───── LISTED ENTRIES

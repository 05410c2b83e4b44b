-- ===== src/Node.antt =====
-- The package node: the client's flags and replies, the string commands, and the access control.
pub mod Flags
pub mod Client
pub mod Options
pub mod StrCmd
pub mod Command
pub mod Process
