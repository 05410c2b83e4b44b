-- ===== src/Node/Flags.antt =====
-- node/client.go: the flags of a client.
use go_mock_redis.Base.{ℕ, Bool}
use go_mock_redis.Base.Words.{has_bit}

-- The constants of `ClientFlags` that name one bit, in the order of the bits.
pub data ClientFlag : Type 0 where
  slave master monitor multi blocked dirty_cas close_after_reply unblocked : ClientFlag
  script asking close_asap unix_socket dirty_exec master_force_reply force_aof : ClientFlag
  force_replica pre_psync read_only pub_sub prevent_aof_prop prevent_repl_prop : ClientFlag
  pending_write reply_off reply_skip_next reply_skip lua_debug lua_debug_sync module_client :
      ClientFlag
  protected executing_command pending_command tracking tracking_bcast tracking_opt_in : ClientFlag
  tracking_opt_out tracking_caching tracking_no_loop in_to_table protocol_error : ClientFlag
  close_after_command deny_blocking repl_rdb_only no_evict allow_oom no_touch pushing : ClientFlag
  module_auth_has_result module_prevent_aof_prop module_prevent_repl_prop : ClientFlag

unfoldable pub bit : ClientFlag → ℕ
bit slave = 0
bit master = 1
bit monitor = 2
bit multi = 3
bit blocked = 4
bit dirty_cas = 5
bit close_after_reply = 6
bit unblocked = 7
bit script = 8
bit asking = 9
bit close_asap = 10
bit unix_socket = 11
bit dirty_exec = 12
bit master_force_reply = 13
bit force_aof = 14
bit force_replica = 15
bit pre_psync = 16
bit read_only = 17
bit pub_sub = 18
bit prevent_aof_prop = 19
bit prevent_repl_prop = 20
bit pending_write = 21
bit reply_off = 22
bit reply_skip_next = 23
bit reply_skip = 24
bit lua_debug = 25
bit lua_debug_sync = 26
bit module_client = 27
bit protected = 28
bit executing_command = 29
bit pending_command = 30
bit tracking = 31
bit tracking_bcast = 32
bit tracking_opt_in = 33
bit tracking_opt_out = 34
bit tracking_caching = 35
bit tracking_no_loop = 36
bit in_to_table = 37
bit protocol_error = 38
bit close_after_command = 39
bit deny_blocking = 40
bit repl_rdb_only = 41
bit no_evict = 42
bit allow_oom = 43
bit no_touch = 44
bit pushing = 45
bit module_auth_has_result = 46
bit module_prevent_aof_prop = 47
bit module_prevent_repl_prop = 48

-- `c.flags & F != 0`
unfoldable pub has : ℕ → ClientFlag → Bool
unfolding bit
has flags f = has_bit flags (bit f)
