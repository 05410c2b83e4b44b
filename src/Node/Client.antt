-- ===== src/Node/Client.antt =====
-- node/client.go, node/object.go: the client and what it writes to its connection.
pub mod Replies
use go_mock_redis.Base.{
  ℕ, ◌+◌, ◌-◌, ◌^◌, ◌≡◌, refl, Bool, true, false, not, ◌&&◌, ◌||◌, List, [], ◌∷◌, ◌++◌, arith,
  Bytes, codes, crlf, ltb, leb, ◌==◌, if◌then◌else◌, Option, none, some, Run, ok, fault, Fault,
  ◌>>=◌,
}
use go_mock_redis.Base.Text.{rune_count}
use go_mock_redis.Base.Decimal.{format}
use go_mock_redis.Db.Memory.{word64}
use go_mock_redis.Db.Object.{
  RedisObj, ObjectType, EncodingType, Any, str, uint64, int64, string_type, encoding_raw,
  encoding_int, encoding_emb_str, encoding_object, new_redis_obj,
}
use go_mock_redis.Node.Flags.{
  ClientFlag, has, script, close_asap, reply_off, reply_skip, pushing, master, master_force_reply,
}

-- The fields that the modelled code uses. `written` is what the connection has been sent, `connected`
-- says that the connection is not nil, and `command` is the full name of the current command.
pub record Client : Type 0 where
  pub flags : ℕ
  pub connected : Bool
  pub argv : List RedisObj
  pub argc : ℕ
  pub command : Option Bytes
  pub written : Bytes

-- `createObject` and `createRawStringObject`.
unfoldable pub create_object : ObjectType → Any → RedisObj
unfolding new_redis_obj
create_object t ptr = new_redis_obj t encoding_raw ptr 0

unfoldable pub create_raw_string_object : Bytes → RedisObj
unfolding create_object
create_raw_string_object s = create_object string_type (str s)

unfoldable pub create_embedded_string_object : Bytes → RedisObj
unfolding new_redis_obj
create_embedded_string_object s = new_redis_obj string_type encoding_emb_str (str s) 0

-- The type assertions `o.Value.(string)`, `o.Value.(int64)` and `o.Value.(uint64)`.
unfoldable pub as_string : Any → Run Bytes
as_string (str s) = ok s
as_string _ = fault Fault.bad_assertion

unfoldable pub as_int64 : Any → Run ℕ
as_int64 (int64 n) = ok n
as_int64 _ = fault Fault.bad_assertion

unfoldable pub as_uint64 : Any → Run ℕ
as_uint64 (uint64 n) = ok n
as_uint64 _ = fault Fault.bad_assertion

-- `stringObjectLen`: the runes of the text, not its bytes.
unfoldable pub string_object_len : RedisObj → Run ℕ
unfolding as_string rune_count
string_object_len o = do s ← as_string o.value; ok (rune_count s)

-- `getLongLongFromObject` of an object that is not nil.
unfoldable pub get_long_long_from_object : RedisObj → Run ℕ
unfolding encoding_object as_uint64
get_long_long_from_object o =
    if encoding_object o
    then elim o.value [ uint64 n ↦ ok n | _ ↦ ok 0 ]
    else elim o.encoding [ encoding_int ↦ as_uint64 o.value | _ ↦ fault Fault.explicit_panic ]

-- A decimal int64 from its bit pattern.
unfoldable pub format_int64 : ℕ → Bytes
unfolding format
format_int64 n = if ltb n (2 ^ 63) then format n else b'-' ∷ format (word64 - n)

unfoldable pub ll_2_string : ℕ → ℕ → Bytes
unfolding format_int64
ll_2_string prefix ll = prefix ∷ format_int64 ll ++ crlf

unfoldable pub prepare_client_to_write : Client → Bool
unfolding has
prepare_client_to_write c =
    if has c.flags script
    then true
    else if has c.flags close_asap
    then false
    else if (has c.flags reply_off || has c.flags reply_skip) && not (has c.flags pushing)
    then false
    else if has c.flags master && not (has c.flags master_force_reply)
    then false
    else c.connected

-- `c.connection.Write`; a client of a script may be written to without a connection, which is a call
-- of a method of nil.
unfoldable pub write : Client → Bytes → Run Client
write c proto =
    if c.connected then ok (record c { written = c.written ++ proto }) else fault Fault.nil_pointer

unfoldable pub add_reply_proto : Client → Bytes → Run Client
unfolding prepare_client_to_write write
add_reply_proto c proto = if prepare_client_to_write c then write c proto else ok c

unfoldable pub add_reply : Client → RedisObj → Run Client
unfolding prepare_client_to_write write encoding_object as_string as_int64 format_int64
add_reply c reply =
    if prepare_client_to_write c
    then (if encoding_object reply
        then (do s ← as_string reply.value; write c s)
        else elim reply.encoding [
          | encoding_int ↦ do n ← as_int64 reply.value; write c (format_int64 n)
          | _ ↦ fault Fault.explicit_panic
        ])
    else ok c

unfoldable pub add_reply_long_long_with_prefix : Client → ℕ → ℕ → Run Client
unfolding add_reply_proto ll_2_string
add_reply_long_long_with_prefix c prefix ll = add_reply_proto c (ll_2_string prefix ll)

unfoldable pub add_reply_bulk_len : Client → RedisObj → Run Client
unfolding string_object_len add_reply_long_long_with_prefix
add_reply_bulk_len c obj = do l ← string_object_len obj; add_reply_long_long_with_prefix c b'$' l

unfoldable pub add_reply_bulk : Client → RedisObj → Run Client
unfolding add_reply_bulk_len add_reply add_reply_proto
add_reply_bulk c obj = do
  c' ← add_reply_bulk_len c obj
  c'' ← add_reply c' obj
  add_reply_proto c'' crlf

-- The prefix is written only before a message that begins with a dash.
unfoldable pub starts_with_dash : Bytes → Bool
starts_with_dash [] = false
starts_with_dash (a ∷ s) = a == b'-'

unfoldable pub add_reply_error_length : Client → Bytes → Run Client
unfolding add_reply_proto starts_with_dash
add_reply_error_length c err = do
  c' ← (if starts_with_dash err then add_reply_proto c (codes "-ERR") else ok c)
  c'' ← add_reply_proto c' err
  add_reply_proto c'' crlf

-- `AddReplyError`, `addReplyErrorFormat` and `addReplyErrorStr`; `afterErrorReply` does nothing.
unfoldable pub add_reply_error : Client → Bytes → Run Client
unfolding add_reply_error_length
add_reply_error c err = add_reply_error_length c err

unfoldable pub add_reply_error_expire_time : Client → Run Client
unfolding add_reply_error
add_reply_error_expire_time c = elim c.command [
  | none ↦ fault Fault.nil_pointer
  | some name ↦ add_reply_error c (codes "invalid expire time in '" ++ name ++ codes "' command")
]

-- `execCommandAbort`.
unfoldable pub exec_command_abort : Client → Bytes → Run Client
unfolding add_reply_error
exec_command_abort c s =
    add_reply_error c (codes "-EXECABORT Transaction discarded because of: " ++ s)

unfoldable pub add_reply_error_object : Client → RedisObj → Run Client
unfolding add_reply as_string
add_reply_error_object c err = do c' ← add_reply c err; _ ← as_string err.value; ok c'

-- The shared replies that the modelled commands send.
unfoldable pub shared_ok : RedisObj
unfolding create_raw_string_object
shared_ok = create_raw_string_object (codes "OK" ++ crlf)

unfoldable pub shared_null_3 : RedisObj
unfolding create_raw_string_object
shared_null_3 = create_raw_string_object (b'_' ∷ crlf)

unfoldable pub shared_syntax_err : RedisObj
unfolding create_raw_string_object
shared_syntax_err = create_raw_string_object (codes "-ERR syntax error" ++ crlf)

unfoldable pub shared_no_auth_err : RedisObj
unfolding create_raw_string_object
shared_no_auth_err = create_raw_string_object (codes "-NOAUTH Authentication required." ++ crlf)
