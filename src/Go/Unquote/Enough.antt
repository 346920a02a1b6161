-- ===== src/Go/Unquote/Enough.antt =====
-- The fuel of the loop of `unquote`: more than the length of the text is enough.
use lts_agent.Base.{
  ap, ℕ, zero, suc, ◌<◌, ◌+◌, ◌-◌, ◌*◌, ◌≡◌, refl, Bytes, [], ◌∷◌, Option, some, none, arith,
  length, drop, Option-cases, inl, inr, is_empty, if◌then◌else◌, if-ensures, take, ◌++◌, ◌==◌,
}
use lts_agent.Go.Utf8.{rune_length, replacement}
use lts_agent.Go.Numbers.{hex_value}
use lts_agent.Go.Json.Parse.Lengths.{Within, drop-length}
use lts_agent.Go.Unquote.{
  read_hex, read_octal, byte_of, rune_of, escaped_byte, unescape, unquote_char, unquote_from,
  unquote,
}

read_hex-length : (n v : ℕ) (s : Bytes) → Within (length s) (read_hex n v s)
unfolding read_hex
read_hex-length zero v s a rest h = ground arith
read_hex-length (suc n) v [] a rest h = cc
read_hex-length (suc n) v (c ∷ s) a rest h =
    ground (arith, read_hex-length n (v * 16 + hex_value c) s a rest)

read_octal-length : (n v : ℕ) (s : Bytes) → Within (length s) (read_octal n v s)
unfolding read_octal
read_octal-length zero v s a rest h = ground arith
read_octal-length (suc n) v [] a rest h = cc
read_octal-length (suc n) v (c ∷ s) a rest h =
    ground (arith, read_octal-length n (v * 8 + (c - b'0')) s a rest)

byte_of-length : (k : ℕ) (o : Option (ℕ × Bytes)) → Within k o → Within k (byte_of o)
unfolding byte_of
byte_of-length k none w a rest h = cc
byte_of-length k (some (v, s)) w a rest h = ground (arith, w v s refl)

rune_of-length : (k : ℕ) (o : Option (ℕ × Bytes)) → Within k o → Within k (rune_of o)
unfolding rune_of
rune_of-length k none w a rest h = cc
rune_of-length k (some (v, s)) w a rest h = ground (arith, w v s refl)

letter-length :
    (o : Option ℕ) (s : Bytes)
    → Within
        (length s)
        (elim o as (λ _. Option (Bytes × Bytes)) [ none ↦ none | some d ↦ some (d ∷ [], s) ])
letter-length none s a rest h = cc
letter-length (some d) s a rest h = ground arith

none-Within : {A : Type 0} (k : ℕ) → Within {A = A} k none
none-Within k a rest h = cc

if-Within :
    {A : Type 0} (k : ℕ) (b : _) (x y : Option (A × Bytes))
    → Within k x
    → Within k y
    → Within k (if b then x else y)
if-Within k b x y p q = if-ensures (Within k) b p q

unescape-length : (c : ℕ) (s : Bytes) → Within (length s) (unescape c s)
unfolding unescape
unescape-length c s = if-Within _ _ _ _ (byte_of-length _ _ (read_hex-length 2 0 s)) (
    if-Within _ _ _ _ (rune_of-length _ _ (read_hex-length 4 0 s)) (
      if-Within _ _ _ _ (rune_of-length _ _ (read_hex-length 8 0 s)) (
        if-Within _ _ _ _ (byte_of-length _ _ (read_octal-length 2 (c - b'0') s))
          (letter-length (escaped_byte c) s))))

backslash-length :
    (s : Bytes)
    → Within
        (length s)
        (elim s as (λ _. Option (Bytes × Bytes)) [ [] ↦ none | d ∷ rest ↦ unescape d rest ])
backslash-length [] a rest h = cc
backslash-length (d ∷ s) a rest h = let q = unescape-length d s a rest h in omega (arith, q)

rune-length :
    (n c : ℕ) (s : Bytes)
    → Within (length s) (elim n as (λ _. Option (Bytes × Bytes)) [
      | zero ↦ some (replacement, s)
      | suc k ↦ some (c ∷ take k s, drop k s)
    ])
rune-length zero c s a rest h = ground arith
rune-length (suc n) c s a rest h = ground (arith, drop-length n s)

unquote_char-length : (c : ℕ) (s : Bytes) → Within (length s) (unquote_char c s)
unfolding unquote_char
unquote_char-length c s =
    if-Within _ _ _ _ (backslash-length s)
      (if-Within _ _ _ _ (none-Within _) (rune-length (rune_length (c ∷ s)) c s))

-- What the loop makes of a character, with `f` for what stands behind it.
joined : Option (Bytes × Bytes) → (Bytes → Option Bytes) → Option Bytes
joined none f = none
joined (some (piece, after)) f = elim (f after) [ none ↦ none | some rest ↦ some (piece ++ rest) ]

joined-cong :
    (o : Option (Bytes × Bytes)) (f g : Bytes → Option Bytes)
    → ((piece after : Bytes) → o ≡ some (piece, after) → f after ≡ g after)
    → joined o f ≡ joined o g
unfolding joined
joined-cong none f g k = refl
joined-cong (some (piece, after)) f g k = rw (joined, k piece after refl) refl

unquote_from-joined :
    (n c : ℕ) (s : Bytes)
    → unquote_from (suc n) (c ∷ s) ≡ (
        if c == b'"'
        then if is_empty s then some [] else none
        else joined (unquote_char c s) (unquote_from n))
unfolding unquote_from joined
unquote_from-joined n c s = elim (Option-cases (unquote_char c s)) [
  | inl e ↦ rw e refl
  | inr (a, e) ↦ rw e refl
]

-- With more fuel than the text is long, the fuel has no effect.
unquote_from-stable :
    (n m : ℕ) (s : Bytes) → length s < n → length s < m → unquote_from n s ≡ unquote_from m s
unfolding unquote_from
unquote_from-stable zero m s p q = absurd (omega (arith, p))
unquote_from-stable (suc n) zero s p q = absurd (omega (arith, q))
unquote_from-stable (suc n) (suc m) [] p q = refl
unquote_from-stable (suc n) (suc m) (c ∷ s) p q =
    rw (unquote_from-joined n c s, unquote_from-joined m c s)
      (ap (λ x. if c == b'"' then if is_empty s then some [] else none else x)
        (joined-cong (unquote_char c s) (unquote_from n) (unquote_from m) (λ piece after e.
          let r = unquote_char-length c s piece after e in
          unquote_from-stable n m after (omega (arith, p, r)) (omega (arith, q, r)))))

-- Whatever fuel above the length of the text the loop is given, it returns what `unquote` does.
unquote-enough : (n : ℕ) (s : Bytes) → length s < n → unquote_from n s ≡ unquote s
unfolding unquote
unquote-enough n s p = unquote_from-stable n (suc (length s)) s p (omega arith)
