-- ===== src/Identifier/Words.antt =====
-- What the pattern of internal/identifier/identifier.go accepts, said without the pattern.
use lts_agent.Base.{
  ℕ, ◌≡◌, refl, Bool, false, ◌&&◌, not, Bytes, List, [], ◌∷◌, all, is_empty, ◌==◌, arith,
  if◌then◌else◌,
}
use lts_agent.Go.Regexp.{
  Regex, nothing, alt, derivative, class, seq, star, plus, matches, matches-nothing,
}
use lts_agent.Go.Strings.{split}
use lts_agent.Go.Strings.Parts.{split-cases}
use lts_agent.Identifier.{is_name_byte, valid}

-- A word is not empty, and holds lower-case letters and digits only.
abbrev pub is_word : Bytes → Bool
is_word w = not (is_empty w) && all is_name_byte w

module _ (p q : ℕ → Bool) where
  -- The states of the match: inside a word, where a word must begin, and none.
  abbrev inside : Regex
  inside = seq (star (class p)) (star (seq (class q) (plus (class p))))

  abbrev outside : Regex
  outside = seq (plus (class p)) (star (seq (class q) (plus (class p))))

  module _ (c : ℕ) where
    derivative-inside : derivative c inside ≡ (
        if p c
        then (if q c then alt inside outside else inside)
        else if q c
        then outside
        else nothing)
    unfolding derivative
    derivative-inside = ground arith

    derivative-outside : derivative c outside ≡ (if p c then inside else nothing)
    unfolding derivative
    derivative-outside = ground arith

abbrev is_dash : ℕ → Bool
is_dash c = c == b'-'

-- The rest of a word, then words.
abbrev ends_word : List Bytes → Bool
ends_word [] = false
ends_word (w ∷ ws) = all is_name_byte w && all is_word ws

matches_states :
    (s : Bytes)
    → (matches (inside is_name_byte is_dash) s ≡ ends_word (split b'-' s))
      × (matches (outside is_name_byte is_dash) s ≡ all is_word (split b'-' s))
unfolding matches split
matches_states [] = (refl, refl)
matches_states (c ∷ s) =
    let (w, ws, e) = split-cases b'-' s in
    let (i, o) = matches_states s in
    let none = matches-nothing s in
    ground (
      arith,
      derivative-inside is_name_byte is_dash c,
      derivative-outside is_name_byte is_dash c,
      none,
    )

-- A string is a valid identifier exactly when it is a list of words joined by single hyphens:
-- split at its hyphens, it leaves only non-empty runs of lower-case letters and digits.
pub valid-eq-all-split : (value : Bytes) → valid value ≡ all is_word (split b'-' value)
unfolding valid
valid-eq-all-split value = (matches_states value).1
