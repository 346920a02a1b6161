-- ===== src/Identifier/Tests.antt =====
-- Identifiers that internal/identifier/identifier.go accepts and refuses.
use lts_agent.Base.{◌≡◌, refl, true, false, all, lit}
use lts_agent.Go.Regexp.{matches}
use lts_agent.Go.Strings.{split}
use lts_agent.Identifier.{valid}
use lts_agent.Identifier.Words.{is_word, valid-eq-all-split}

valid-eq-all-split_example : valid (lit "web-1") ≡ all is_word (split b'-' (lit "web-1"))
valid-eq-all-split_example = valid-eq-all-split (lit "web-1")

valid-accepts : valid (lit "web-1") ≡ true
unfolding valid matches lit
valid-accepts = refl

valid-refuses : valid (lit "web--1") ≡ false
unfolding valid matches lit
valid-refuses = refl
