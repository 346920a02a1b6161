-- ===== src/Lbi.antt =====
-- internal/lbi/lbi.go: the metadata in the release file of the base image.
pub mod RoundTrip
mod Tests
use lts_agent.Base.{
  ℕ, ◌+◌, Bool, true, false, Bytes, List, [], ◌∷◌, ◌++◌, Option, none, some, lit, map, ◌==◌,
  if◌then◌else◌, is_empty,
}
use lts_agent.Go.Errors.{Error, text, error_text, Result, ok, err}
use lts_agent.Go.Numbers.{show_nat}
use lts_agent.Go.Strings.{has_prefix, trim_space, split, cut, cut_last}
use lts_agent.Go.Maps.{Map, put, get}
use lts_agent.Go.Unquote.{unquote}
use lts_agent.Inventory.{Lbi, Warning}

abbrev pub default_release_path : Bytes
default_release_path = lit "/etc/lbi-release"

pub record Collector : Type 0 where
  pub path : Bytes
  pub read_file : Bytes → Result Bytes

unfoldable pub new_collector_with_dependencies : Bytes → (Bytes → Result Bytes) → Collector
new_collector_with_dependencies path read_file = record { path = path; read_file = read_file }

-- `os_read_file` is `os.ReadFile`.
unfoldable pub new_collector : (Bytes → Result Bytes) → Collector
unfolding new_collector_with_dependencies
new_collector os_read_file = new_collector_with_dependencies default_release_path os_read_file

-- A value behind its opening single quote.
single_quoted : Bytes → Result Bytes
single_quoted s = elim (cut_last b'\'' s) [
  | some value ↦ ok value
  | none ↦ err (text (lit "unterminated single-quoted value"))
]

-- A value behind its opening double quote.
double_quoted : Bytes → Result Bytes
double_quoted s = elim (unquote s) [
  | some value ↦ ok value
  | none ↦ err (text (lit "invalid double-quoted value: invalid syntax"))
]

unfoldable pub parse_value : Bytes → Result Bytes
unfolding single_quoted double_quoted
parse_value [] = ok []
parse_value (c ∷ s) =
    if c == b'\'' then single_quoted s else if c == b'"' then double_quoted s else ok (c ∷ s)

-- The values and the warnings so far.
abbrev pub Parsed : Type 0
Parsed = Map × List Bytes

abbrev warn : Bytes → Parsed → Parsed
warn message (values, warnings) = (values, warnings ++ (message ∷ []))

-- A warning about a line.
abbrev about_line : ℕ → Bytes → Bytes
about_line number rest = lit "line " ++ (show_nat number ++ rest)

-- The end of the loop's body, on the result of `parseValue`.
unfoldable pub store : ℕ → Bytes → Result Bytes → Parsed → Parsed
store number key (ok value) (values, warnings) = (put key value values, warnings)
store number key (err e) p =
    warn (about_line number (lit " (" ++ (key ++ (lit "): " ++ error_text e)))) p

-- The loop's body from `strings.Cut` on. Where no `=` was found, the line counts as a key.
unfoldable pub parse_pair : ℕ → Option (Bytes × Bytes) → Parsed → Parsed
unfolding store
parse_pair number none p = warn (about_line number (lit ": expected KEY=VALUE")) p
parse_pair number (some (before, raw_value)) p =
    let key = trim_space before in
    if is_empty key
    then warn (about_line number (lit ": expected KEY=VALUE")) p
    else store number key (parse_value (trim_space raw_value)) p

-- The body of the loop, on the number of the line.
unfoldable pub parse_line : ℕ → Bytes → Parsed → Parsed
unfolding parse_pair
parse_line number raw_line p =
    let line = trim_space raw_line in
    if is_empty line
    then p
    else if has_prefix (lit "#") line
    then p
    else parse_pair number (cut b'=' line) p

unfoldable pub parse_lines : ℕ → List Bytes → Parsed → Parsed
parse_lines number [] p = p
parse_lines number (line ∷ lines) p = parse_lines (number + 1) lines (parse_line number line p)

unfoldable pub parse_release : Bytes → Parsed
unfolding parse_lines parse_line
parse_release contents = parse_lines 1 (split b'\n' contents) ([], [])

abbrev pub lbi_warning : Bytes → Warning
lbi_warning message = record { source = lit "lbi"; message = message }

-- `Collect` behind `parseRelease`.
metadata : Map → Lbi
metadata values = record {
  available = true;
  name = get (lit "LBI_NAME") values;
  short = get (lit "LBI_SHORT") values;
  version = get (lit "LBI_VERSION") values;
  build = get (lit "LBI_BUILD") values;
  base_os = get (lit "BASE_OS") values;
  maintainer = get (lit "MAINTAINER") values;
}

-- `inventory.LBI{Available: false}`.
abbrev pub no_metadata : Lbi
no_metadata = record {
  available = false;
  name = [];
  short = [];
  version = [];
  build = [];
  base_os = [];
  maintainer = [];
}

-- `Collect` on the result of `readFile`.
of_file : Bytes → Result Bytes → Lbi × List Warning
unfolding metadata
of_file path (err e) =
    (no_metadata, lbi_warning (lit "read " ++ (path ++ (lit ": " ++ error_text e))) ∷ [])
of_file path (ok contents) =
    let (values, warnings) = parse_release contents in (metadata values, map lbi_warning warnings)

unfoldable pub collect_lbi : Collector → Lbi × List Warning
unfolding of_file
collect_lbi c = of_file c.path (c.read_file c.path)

──────────

Each line in the records that carries "ensures" must be copied out.

OUTPUT FOR THIS EXERCISE:
  length, drop, Option-cases, inl, inr, is_empty, if◌then◌else◌, if-ensures, take, ◌++◌, ◌==◌,
if-Within k b x y p q = if-ensures (Within k) b p q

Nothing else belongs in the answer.